Friday, December 19, 2008

Little Crib of Horace

One of the saddest fates that can befall a cartoon or comics character is when, in an attempt to revive a "franchise" or push merchandise or follow a trend, they are fundamentally altered, most often by just switching their ages. Juvenilization is seldom pretty, and it's often seen as a 1980s thing (Muppet Babies was quite the hit). As far as I'm aware, however, the earliest example, discounting one-shot cartoons where Bugs or Woody Woodpecker become babies or flashback, is Little Archie. The main reason Little Archie, at its best, holds up is because it had a kind of logical basis (even if it had to skip continuity issues and assume that Veronica has always lived in Riverdale), it added new characters, and frankly it was more open about the often harsh nature of childhood than the wholesome scrubbed teen Archie stories were (in particular, Archie and Jughead, the "good" guys, routinely joining Reggie to humiliate, exploit, or pummel picked-on classmate Ambrose).

These approaches generally homogenize characters and simplify their personalities. It hasn't died out, alas, as Baby Looney Tunes attests. It can become even weirder, however, when the characters in question have already been stripped of most or all of their gumption, as with Mickey Mouse in the 1980s, when the "Disney Babies" first surfaced. They still appear on and off, and serve only to fulfill a "Look how cute" function, in a world where the Disney Babies (actually called that in one book) have no discernible personalities whatsoever outside of being cute and nice and emotionally fragile.

And this was worse when they went beyond Mickey, Minnie, Goofy, et., in search of more characters. To wit, gaze at the image below:


At least Baby Horace retained his collar (this book, picked up for sixty cents, has Horace missing his blanket, but he's quickly comforted when his newfound daycare pals let him use the daycare's teddy bear. The end.) While revivals of Horace and Clarabelle are generally a good thing, this is just sad.
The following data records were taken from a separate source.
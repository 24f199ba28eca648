-- ===== src/Tests/Served.antt =====
-- Websocket clients of the proxy, with and without upstreams, and a tick of its metrics.
use substrate_rpc_proxy.Dto.{RpcFrame}
use substrate_rpc_proxy.Monitoring.{
  PrometheusMetrics, new_metrics, proxy_established_connections, proxy_running_requests,
  upstream_endpoints_status, is_made, process_event,
}
use substrate_rpc_proxy.Monitoring.Labels.{
  gauge_value, has_bar, statuses, is_reported, process_event-reported,
}
use substrate_rpc_proxy.Endpoint.Address.{format_endpoint, format_upstream}
use substrate_rpc_proxy.Endpoint.Report.{report_metrics}
use substrate_rpc_proxy.Prelude.{
  ℕ, ◌≡◌, ◌≢◌, ◌↔◌, refl, String, true, false, List, [], ◌∷◌, Option, none, some, if◌then◌else◌,
}
use substrate_rpc_proxy.Proxy.Connection.{
  ProxiedConnection, new_connection, handle_upstream_response,
}
use substrate_rpc_proxy.Proxy.Connection as Connection
use substrate_rpc_proxy.Proxy.Handler.{Outside, Proxied, load}
use substrate_rpc_proxy.Proxy.Metrics.{emit_metrics}
use substrate_rpc_proxy.Proxy.Metrics.Counts.{total, one, running}
use substrate_rpc_proxy.Proxy.Metrics.Gauges.{shown, emit_metrics-counts}
use substrate_rpc_proxy.Proxy.Serve.{
  panicked, waiting, answered, start_websocket, finish_websocket, ready_to_read,
}
use substrate_rpc_proxy.Proxy.Serve.Failure.{Refuses, start_websocket-panicked_iff}
use substrate_rpc_proxy.Proxy.Serve.RoundTrip.{start_websocket-answered}
use substrate_rpc_proxy.Tests.Nodes.{reply}
use substrate_rpc_proxy.Tests.Upstreams.{two_upstreams}

-- Every dial fails.
abbrev refusing : Outside
refusing = record {
  World = ℕ;
  alive_endpoint = λ w. ("ws://10.0.0.2:9944/", w);
  dial = λ url w. (false, w);
}

start_websocket-panicked_iff_example :
    ((start_websocket refusing "client" 1 "{}" true [] 0).0.0 ≡ panicked)
    ↔ ((load "client" [] ≡ none) × Refuses refusing 3 0)
start_websocket-panicked_iff_example =
    start_websocket-panicked_iff refusing "client" 1 "{}" true [] 0

nil_dereference-run : (start_websocket refusing "client" 1 "{}" true [] 0).0.0 ≡ panicked
unfolding start_websocket
nil_dereference-run = refl

abbrev parse : String → Option RpcFrame
parse s = some reply

abbrev proxied : Proxied
proxied = record { upstream = "node:443"; connection = new_connection }

abbrev table : List (String × Proxied)
table = ("client", proxied) ∷ []

known : load "client" table ≡ some proxied
unfolding load
known = refl

nothing_runs : Connection.load 1 [] ≡ none
unfolding Connection.load
nothing_runs = refl

start_websocket-answered_example :
    let started = start_websocket refusing "client" 1 "{}" true table 0 in
    (started.0.0 ≡ waiting 0)
    × ((q : Proxied) × (load "client" started.0.1 ≡ some q)
        × ((finish_websocket 1 0 ready_to_read true
              (handle_upstream_response parse "{\"id\":1}" true q.connection).1).0
            ≡ answered "{\"id\":1}"))
    × ((other : String) → other ≢ "client" → load other started.0.1 ≡ load other table)
start_websocket-answered_example =
    start_websocket-answered parse refusing "client" 1 "{}" "{\"id\":1}" true reply table 0 proxied
      known nothing_runs refl refl

-- Both gauges are registered; an address is its own host name.
abbrev metrics : PrometheusMetrics ℕ
metrics = record new_metrics {
  made = proxy_established_connections ∷ proxy_running_requests ∷ upstream_endpoints_status ∷ [];
}

abbrev host_only : String → Option (String × String × String)
host_only s = some (s, "", "")

connections_made : is_made proxy_established_connections metrics.made ≡ true
unfolding is_made
connections_made = refl

requests_made : is_made proxy_running_requests metrics.made ≡ true
unfolding is_made
requests_made = refl

status_made : is_made upstream_endpoints_status metrics.made ≡ true
unfolding is_made
status_made = refl

emit_metrics-counts_example :
    (m' : PrometheusMetrics ℕ) × (emit_metrics (λ n. n) host_only table metrics ≡ some m')
    × ((host : String)
        → (gauge_value proxy_established_connections (host ∷ []) m'.gauges
            ≡ shown
                (λ n. n)
                (total host_only one host table)
                (gauge_value proxy_established_connections (host ∷ []) metrics.gauges))
          × (gauge_value proxy_running_requests (host ∷ []) m'.gauges
              ≡ shown
                  (λ n. n)
                  (total host_only running host table)
                  (gauge_value proxy_running_requests (host ∷ []) metrics.gauges)))
emit_metrics-counts_example =
    emit_metrics-counts (λ n. n) host_only table metrics connections_made requests_made

process_event-reported_example :
    (p' : PrometheusMetrics ℕ) × (process_event upstream_endpoints_status 1
        (report_metrics (two_upstreams 0))
        metrics
      ≡ some p')
    × ((host label : String)
        → gauge_value upstream_endpoints_status (host ∷ label ∷ []) p'.gauges
          ≡ (if is_reported host label (statuses (two_upstreams 0)) then some 1 else none))
unfolding has_bar statuses format_endpoint format_upstream
process_event-reported_example =
    process_event-reported (two_upstreams 0) 1 metrics status_made (refl, (refl, (refl, tt)))
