-- ===== src/Tests/Watched.antt =====
-- Events of both programs' parts, handed to their observers.
use substrate_rpc_proxy.Consumer.{messages_in_progress, expired_count, block_gap}
use substrate_rpc_proxy.Middleware.Logger.{LogRequest}
use substrate_rpc_proxy.Prelude.{String, true, List, [], ◌∷◌, Option, none, some, refl}
use substrate_rpc_proxy.Programs.Monitored.{
  Emission, of_consumer, free_tokens, inspected, reported, tick, served, monitor, proxy_parts,
  consumer_parts,
}
use substrate_rpc_proxy.Programs.Monitored.Total.{Returns, monitor-Returns}
use substrate_rpc_proxy.Tests.Upstreams.{two_upstreams}

abbrev parse_url : String → Option (String × String × String)
parse_url s = some (s, "9944", "")

abbrev request : LogRequest
request = record {
  log_fields = some (("upstream", "http://10.0.0.2:9944") ∷ []);
  with_params = none;
  ignore_methods = none;
  frame = none;
  rpc_method = "chain_getHeader";
  rpc_request_id = 3;
  start_time = some 100;
  forwarded_host = "";
  remote_addr = "10.0.0.9:4000";
}

abbrev emissions : List Emission
emissions =
    of_consumer (messages_in_progress 1)
    ∷ free_tokens 3 2
    ∷ reported (two_upstreams 0)
    ∷ inspected
    ∷ tick []
    ∷ of_consumer (block_gap 7)
    ∷ of_consumer expired_count
    ∷ served 110 request
    ∷ []

monitor-Returns_example :
    Returns (monitor (λ t. true) (λ n. n) parse_url (proxy_parts true) emissions)
    × Returns (monitor (λ t. true) (λ n. n) parse_url consumer_parts emissions)
monitor-Returns_example =
    monitor-Returns (λ t. true) (λ n. n) parse_url true emissions
      (tt, (tt, (tt, (tt, (tt, (tt, (tt, ((refl, refl), tt))))))))
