-- ===== src/Locks/Laws.antt =====
-- What `Lock` leaves, and that `Unlock` releases it.
use mathlib.Core.Path.{subst}
use caddy_storage_redis.Prelude.{
  Bytes, List, [], ◌∷◌, Option, none, some, if◌then◌else◌, ◌≡◌, ◌≢◌, inl, inr, refl, sym, ap, ◌∙◌,
  equal, equal_iff, Bool-cases, Option-cases, arith,
}
use caddy_storage_redis.Go.Errors.{Error, is_exactly, not_obtained}
use caddy_storage_redis.Exec.{Result, ok, err, out_of_fuel}
use caddy_storage_redis.Platform.{Platform}
use caddy_storage_redis.Client.{Machine, RedisStorage}
use caddy_storage_redis.Directory.{prefix_lock}
use caddy_storage_redis.Dict.{find, find-put, find-remove}
use caddy_storage_redis.Locks.{
  Redislock, HeldLock, Locking, try_obtain_lock, end_round, round, lock_loop, lock, released,
  release_held, unlock_key, unlock,
}

pair {ℓ κ} : {A : Type ℓ} {B : Type κ} {p : A × B} {a : A} → p.0 ≡ a → p ≡ (a, p.1)
pair {p = p} e = ap (λ z. (z, p.1)) e

module _ (P : Platform) (R : Redislock P) (rs : RedisStorage P) where
  abbrev Lock : Type 0
  Lock = HeldLock P R

  abbrev State : Type 0
  State = Locking P R

  -- A lock that has been obtained under a key stands in the map, whose other entries are as before.
  pub record IsHeld (key : Bytes) (before after : State) (held : Lock) : Type 0 where
    pub machine : Machine P
    pub obtained : (try_obtain_lock P R rs key machine).0 ≡ ok held
    pub stored : find key after.locks ≡ some held
    pub others : (k : Bytes) → k ≢ key → find k after.locks ≡ find k before.locks

  -- What a round or the whole of `Lock` comes to.
  abbrev pub Outcome : Bytes → State → Result (Unit {0}) × State → Type 0
  Outcome key before (ok _, after) = (held : Lock) × IsHeld key before after held
  Outcome key before (err e, after) = after.locks ≡ before.locks
  Outcome key before (out_of_fuel, after) = after.locks ≡ before.locks

  -- A round that does not end leaves the map too.
  abbrev Round : Bytes → State → Option (Result (Unit {0})) × State → Type 0
  Round key before (none, after) = after.locks ≡ before.locks
  Round key before (some r, after) = Outcome key before (r, after)

  end_round-Round :
      (key : Bytes) (s : State) (o : Result Lock × Machine P)
      → try_obtain_lock P R rs key s.machine ≡ o
      → Round key s (end_round P R key o s.locks)
  unfolding end_round
  end_round-Round key s (ok held, m) e = (
    held,
    record {
      machine = s.machine;
      obtained = ap (λ (x : Result Lock × Machine P). x.0) e;
      stored = ground (arith, find-put key key held s.locks, equal_iff key key);
      others = λ k other. ground (arith, find-put key k held s.locks, equal_iff key k, other);
    },
  )
  end_round-Round key s (err e, m) h = elim (Bool-cases (is_exactly e not_obtained)) [
    | inl taken ↦ rw (taken, end_round) refl
    | inr broken ↦ rw (broken, end_round) refl
  ]
  end_round-Round key s (out_of_fuel, m) e = refl

  -- A later outcome is one of the first state, whose map was the same.
  earlier :
      (key : Bytes) (s t : State) (r : Result (Unit {0}) × State)
      → t.locks ≡ s.locks
      → Outcome key t r
      → Outcome key s r
  earlier key s t (ok _, u) same (held, h) = (
    held,
    record {
      machine = h.machine;
      obtained = h.obtained;
      stored = h.stored;
      others = λ k other. h.others k other ∙ ap (find k) same;
    },
  )
  earlier key s t (err e, u) same h = h ∙ same
  earlier key s t (out_of_fuel, u) same h = h ∙ same

  round-Round : (key : Bytes) (s : State) → Round key s (round P R rs key s)
  round-Round key s = end_round-Round key s (try_obtain_lock P R rs key s.machine) refl

  -- An end of a round, as the outcome of the loop.
  ended :
      (key : Bytes) (s t : State) (r : Result (Unit {0}))
      → round P R rs key s ≡ (some r, t)
      → Outcome key s (r, t)
  ended key s t r e = subst (Round key s) e (round-Round key s)

  waited : (key : Bytes) (s t : State) → round P R rs key s ≡ (none, t) → t.locks ≡ s.locks
  waited key s t e = subst (Round key s) e (round-Round key s)

  lock_loop-Outcome :
      (key : Bytes) (waits : List (Option Error)) (s : State)
      → Outcome key s (lock_loop P R rs key waits s)
  unfolding lock_loop
  lock_loop-Outcome key [] s =
      let t = (round P R rs key s).1 in
      elim (Option-cases (round P R rs key s).0) [
        | inl wait ↦ rw (wait, lock_loop) (waited key s t (pair wait))
        | inr (r, done) ↦ rw (done, lock_loop) (ended key s t r (pair done))
      ]
  lock_loop-Outcome key (some e ∷ waits) s =
      let t = (round P R rs key s).1 in
      elim (Option-cases (round P R rs key s).0) [
        | inl wait ↦ rw (wait, lock_loop) (waited key s t (pair wait))
        | inr (r, done) ↦ rw (done, lock_loop) (ended key s t r (pair done))
      ]
  lock_loop-Outcome key (none ∷ waits) s =
      let t = (round P R rs key s).1 in
      elim (Option-cases (round P R rs key s).0) [
        | inl wait ↦
            rw (wait, lock_loop)
              (earlier key s t (lock_loop P R rs key waits t) (waited key s t (pair wait))
                (lock_loop-Outcome key waits t))
        | inr (r, done) ↦ rw (done, lock_loop) (ended key s t r (pair done))
      ]

  -- When `Lock` succeeds, the map of locks holds what an attempt has obtained under the key of the
  -- name; in every other case, and for every other key, the map is as it was.
  pub lock-Outcome :
      (name : Bytes) (waits : List (Option Error)) (s : State)
      → Outcome (prefix_lock rs.config name) s (lock P R rs name waits s)
  unfolding lock
  lock-Outcome name waits s = lock_loop-Outcome (prefix_lock rs.config name) waits s

  -- What `Unlock` does with a lock that stands in the map after `Lock`.
  pub record IsReleased (key : Bytes) (before after : State) (held : Lock)
      (out : Result (Unit {0}) × State) : Type 0 where
    pub result : out.0 ≡ released key (R.release held.lock (after.machine).world).0
    -- without a one-shot client nothing follows the release
    pub cached :
        held.fresh_client ≡ none
        → (out.1).machine
          ≡ record (after.machine) { world = (R.release held.lock (after.machine).world).1 }
    -- a one-shot client is closed in the world that the release leaves
    pub one_shot :
        (fresh : P.Client)
        → held.fresh_client ≡ some fresh
        → (out.1).machine ≡ record (after.machine) {
          world = P.close fresh (R.release held.lock (after.machine).world).1;
        }
    pub locks :
        (k : Bytes) → find k (out.1).locks ≡ (if equal key k then none else find k before.locks)

  unlock_key-IsReleased :
      (key : Bytes) (s t : State) (held : Lock)
      → IsHeld key s t held
      → IsReleased key s t held (unlock_key P R key t)
  unfolding unlock_key release_held
  unlock_key-IsReleased key s t held h =
      rw (h.stored, unlock_key)
        (record {
          result = refl;
          cached = λ none_kept. rw none_kept refl;
          one_shot = λ fresh kept. rw kept refl;
          locks = λ k. elim (Bool-cases (equal key k)) [
            | inl same ↦ find-remove key k t.locks ∙ rw same refl
            | inr other ↦
                find-remove key k t.locks
                ∙ rw other (h.others k (λ this. cc (other, (equal_iff key k).1 (sym this))))
          ];
        })

  -- The lock that `Unlock` releases after a successful `Lock` of the name is the one that was
  -- obtained; its one-shot client, if any, is closed after the release, whether that succeeds or
  -- not; and the map of locks is as before `Lock`, without an entry for the key.
  pub unlock-lock :
      (name : Bytes) (waits : List (Option Error)) (s t : State) (u : Unit {0})
      → lock P R rs name waits s ≡ (ok u, t)
      → let key = prefix_lock rs.config name in
        (held : Lock) × IsHeld key s t held × IsReleased key s t held (unlock P R rs name t)
  unfolding unlock
  unlock-lock name waits s t u e =
      let key = prefix_lock rs.config name in
      let (held, h) = subst (Outcome key s) e (lock-Outcome name waits s) in
      (held, h, unlock_key-IsReleased key s t held h)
Moments ago, I took a closer look at the endpapers, however, and found this, which is even worse:


No doubt somewhere out there, they also have an infant Phantom Blot (the shy Blotty, who feels self-conscious because he looks different) or a Baby Scrooge (Booge?) who likes money only because it's shiny. Sheesh. (This is still less disturbing than that Baby Popeye image that circulated awhile back, though, with a teeny tiny Baby Baby Swea'pea hung around Baby Olive's neck).

3 comments:

Kip W said...

Oh, man, make it stop. Apart from Little Archie, every single permutation of this idea has been worthless at best, and more often toxic. Sorry, this is not so much a hot button issue for me as it is a raw nerve.

Andrew Leal said...

The baby-fying is like Dracula. It never truly dies, just lays dormant for awhile if you stick a sharp enough implement through it and bury it somewhere.

Baby Looney Tunes should have killed it off, but then Don Oriolo (a latter day Lou Scheimer, that man) decided to put out Baby Felix, which I glimpsed briefly at a Dollar Tree. It made me very sad.

I wish they'd start going the other way (which has only been done for gag strips). Well, the equally horrid "Rugrats: All Grown Up" (never was a fan, but this is worse) is a kind of reversal, but something more like "Mickey at 50," perhaps slightly less harsh, could actually be interesting. But then it could just end up ala "Gasoline Alley" or "Funky Winkerbean." So in the end, cartoon and comic characters should remain ageless, unless Bob Bolling is involved. That seems fair enough.

Anonymous said...

Unbelievably, the Disney Babies seem to have started the baby-fying trend, with some examples as early as the 1930s and the formal Disney Babies brand being launched in the 1970s. That said, it remained a minor, foreign-only license for Disney until the Muppet Babies' domestic success.
While babyism bothers me in its essence, I find it more interesting than disturbing that such characters as Horace, Gyro, and (in a picture book I myself saw) Gus Goose were included. It reflects an era when Disney still employed staffers who'd grown up with those characters (in the comics, at least) and felt it natural to include them.